# CT Members, sound off !



## waterburybob (May 7, 2006)

Lets see who we have here from CT.

Bob


----------



## Whittey (May 8, 2006)

Born and raised in CT, but moved away almost 2 years ago. I'll be back there the first week of August. I'm guessing you live in Waterbury, eh? 
I have to say i've only driven through your town 3 or 4 times on my way to a friends house in NY. Never stopped though.


-=Whittey=-


----------



## BerettaMan (Feb 4, 2006)

Im sitting over here on the Rhode Island border.


----------



## Whittey (May 8, 2006)

BerettaMan said:


> Im sitting over here on the Rhode Island border.

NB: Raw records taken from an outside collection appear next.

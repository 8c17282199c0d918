-- ===== src/Layout/Distribution.antt =====
-- src/layout/file_distribution.cc and src/layout/basic_distribution.h: the methods of a FileDistribution for
-- its own object, and the distribution over one object.
use hecios.Prelude.{ℕ, Bool, ltb}

-- The virtual methods of FileDistribution, each over the index of an object and an offset, and the
-- two members that the constructor sets.
pub record FileDistribution : Type 0 where
  pub object_idx : ℕ
  pub num_objects : ℕ
  pub convert_logical_to_physical_offset : ℕ → ℕ → ℕ
  pub convert_physical_to_logical_offset : ℕ → ℕ → ℕ
  pub get_next_mapped_logical_offset : ℕ → ℕ → ℕ
  pub get_contiguous_length : ℕ → ℕ → ℕ

-- The constructor's assert.
unfoldable pub is_constructed : FileDistribution → Bool
is_constructed d = ltb d.object_idx d.num_objects

unfoldable pub logical_to_physical_offset : FileDistribution → ℕ → ℕ
logical_to_physical_offset d logical = d.convert_logical_to_physical_offset d.object_idx logical

unfoldable pub physical_to_logical_offset : FileDistribution → ℕ → ℕ
physical_to_logical_offset d physical = d.convert_physical_to_logical_offset d.object_idx physical

unfoldable pub next_mapped_logical_offset : FileDistribution → ℕ → ℕ
next_mapped_logical_offset d logical = d.get_next_mapped_logical_offset d.object_idx logical

unfoldable pub contiguous_length : FileDistribution → ℕ → ℕ
contiguous_length d physical = d.get_contiguous_length d.object_idx physical

-- BasicDistribution::CONTIGUOUS_SIZE.
abbrev pub contiguous_size : ℕ
contiguous_size = 65536

unfoldable pub basic_distribution : FileDistribution
basic_distribution = record {
  object_idx = 0;
  num_objects = 1;
  convert_logical_to_physical_offset = λ idx logical. logical;
  convert_physical_to_logical_offset = λ idx physical. physical;
  get_next_mapped_logical_offset = λ idx logical. logical;
  get_contiguous_length = λ idx physical. contiguous_size;
}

Got any place to go shooting? The only local places near my Dads house are all private clubs, and he's not a member. He's in Norwich, CT.

-=Whittey=-


----------



## BerettaMan (Feb 4, 2006)

Sometimes I go to E&B Sporting Goods indoor range on Rt. 85 in Salem. Just up from the "Four Corners". Nice place but a tad on the expensive side. No rifles, magnums or aluminum cases. Sometimes we head up to the Smith And Wesson Academy. A lot cheaper to shoot there but now with the price of gas. Brother belongs to two private clubs, one indoor club in Manchester and one outdoor club in East Windsor. Get to shoot the "Bush-Wacker" in East Windsor!


----------



## BerettaMan (Feb 4, 2006)

Only us three from "The State Of Confusion"?


----------



## Mdnitedrftr (Aug 10, 2006)

Hey guys, Im new here, and Im from CT. Trumbull to be exact.


----------



## waterburybob (May 7, 2006)

Mdnitedrftr said:


> Hey guys, Im new here, and Im from CT. Trumbull to be exact.


Howdy, neighbor.

I've got an Uncle and some cousins that live there.


----------



## Mdnitedrftr (Aug 10, 2006)

Thats funny cause I have an uncle who lives in Waterbury.:mrgreen:


----------



## TCogley (Aug 10, 2006)

Hey all,

Also located in Trumbull! Born and rasied in Trumbull, moved to New Milford for about 2 years but now I am back!


----------



## nukehayes (Sep 22, 2006)

hey guys, I'm both new to this forum as well as CT, but my wife and I moved here a few months ago from Ohio and I am stationed in groton (Navy:smt1099 ). Anywho, that's were I stand and its great to find such a great forum like this. I have been around guns my whole life and have taught rifle and shotgun at Boy scout camps, shot a lot and am generally just a gun nut. I am anxiously awaiting my 21st birthday :smt026 come next April so that I may OWN a handgun finally. I guess my Mossberg will have to do for now. I'm seriously looking at a Walther PPK/S or a Makarov, but my true dream gun is the Wilson Combat CQB:drooling: . too bad it's way out of my price range. any places around here that I can shoot trap or skeet?


----------



## Shipwreck (Jan 26, 2006)

Hey, welcome to the site!


----------



## waterburybob (May 7, 2006)

Welcome, nukehayes - to the state and the forum.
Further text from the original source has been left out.